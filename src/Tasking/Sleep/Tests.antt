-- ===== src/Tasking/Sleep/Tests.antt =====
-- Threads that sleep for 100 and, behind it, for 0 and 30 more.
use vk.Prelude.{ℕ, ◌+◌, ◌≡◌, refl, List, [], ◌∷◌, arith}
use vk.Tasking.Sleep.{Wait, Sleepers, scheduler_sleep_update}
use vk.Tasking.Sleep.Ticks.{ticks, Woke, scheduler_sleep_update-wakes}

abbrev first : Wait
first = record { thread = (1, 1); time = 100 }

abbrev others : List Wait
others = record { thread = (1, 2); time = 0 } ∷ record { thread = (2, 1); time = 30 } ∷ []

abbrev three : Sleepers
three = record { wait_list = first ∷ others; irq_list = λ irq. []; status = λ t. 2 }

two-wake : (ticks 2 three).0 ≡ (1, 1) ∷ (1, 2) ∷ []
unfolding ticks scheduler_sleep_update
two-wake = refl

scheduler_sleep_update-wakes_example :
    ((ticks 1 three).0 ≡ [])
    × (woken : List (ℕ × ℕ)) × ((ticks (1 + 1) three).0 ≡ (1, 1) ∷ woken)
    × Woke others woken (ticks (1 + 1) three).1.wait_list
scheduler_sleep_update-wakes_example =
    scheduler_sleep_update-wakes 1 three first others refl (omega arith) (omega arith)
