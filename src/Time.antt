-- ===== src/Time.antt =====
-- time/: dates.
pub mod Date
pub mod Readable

WHAT YOU HAVE TO DO:
The records must each be output verbatim, with nothing left out.

COMPLETED TASK:
filename src/Tasking/Sleep/Tests.antt
-- ===== src/Tasking/Sleep/Tests.antt =====
-- Threads that sleep for 100 and, behind it, for 0 and 30 more.
use vk.Prelude.{ℕ, ◌+◌, ◌≡◌, refl, List, [], ◌∷◌, arith}
use vk.Tasking.Sleep.{Wait, Sleepers, scheduler_sleep_update}
use vk.Tasking.Sleep.Ticks.{ticks, Woke, scheduler_sleep_update-wakes}

abbrev first : Wait
first = record { thread = (1, 1); time = 100 }

abbrev others : List Wait
others = record { thread = (1, 2); time = 0 } ∷ record { thread = (2, 1); time = 30 } ∷ []

abbrev three : Sleepers
three = record { wait_list = first ∷ others; irq_list = λ irq. []; status = λ t. 2 }

two-wake : (ticks 2 three).0 ≡ (1, 1) ∷ (1, 2) ∷ []
unfolding ticks scheduler_sleep_update
two-wake = refl

scheduler_sleep_update-wakes_example :
    ((ticks 1 three).0 ≡ [])
    × (woken : List (ℕ × ℕ)) × ((ticks (1 + 1) three).0 ≡ (1, 1) ∷ woken)
    × Woke others woken (ticks (1 + 1) three).1.wait_list
scheduler_sleep_update-wakes_example =
    scheduler_sleep_update-wakes 1 three first others refl (omega arith) (omega arith)
filename src/Time.antt
-- ===== src/Time.antt =====
-- time/: dates.
pub mod Date
pub mod Readable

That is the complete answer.